__WHAT THE TASK REQUIRES__:
What is needed here is an exact copy of every record below.

__DATASET EXCERPTS__:
★ ★ ★ ★ ★

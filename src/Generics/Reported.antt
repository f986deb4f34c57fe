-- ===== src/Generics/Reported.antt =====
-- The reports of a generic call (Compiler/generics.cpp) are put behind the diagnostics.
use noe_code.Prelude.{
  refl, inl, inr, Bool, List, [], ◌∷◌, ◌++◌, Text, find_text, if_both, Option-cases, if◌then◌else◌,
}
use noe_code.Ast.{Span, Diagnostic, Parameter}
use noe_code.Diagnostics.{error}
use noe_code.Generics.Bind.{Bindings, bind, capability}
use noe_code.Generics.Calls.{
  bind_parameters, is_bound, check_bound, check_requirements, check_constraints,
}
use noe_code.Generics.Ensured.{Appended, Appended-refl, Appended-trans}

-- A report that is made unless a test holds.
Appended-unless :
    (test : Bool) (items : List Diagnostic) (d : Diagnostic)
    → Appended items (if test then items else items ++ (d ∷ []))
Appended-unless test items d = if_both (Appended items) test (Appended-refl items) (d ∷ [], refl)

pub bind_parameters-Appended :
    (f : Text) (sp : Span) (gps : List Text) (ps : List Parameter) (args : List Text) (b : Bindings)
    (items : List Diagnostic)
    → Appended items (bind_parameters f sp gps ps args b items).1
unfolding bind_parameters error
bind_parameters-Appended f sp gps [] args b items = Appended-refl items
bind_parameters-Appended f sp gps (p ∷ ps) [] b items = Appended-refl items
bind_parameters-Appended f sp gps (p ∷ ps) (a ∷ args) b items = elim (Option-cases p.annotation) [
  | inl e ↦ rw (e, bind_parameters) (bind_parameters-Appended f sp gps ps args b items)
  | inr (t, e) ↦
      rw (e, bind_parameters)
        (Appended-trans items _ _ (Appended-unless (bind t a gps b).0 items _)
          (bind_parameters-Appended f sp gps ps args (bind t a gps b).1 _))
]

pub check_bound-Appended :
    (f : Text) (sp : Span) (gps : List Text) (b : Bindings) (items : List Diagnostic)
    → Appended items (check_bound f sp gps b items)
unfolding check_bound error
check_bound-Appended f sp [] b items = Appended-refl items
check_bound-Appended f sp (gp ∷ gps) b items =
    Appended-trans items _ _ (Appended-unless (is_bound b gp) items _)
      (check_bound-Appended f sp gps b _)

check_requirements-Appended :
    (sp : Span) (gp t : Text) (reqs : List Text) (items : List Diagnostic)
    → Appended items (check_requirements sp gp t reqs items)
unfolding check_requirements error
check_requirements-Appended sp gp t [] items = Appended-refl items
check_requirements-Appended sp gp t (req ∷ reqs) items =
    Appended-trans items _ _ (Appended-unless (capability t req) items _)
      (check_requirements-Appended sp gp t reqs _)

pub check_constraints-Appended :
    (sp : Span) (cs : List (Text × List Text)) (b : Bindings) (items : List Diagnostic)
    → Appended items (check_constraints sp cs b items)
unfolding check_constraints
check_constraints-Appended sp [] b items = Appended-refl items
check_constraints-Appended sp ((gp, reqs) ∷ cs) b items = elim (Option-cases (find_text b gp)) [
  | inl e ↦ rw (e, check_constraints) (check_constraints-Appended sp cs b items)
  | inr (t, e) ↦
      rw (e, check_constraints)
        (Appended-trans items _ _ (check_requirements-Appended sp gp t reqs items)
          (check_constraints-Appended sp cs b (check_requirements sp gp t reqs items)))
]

★ ★ ★ ★ ★

__EXPECTED ANSWER__:
filename src/Generics/Reported.antt
repository f986deb4f34c57fe
-- ===== src/Generics/Reported.antt =====
-- The reports of a generic call (Compiler/generics.cpp) are put behind the diagnostics.
use noe_code.Prelude.{
  refl, inl, inr, Bool, List, [], ◌∷◌, ◌++◌, Text, find_text, if_both, Option-cases, if◌then◌else◌,
}
use noe_code.Ast.{Span, Diagnostic, Parameter}
use noe_code.Diagnostics.{error}
use noe_code.Generics.Bind.{Bindings, bind, capability}
use noe_code.Generics.Calls.{
  bind_parameters, is_bound, check_bound, check_requirements, check_constraints,
}
use noe_code.Generics.Ensured.{Appended, Appended-refl, Appended-trans}

-- A report that is made unless a test holds.
Appended-unless :
    (test : Bool) (items : List Diagnostic) (d : Diagnostic)
    → Appended items (if test then items else items ++ (d ∷ []))
Appended-unless test items d = if_both (Appended items) test (Appended-refl items) (d ∷ [], refl)

pub bind_parameters-Appended :
    (f : Text) (sp : Span) (gps : List Text) (ps : List Parameter) (args : List Text) (b : Bindings)
    (items : List Diagnostic)
    → Appended items (bind_parameters f sp gps ps args b items).1
unfolding bind_parameters error
bind_parameters-Appended f sp gps [] args b items = Appended-refl items
bind_parameters-Appended f sp gps (p ∷ ps) [] b items = Appended-refl items
bind_parameters-Appended f sp gps (p ∷ ps) (a ∷ args) b items = elim (Option-cases p.annotation) [
  | inl e ↦ rw (e, bind_parameters) (bind_parameters-Appended f sp gps ps args b items)
  | inr (t, e) ↦
      rw (e, bind_parameters)
        (Appended-trans items _ _ (Appended-unless (bind t a gps b).0 items _)
          (bind_parameters-Appended f sp gps ps args (bind t a gps b).1 _))
]

pub check_bound-Appended :
    (f : Text) (sp : Span) (gps : List Text) (b : Bindings) (items : List Diagnostic)
    → Appended items (check_bound f sp gps b items)
unfolding check_bound error
check_bound-Appended f sp [] b items = Appended-refl items
check_bound-Appended f sp (gp ∷ gps) b items =
    Appended-trans items _ _ (Appended-unless (is_bound b gp) items _)
      (check_bound-Appended f sp gps b _)

check_requirements-Appended :
    (sp : Span) (gp t : Text) (reqs : List Text) (items : List Diagnostic)
    → Appended items (check_requirements sp gp t reqs items)
unfolding check_requirements error
check_requirements-Appended sp gp t [] items = Appended-refl items
check_requirements-Appended sp gp t (req ∷ reqs) items =
    Appended-trans items _ _ (Appended-unless (capability t req) items _)
      (check_requirements-Appended sp gp t reqs _)

pub check_constraints-Appended :
    (sp : Span) (cs : List (Text × List Text)) (b : Bindings) (items : List Diagnostic)
    → Appended items (check_constraints sp cs b items)
unfolding check_constraints
check_constraints-Appended sp [] b items = Appended-refl items
check_constraints-Appended sp ((gp, reqs) ∷ cs) b items = elim (Option-cases (find_text b gp)) [
  | inl e ↦ rw (e, check_constraints) (check_constraints-Appended sp cs b items)
  | inr (t, e) ↦
      rw (e, check_constraints)
        (Appended-trans items _ _ (check_requirements-Appended sp gp t reqs items)
          (check_constraints-Appended sp cs b (check_requirements sp gp t reqs items)))
]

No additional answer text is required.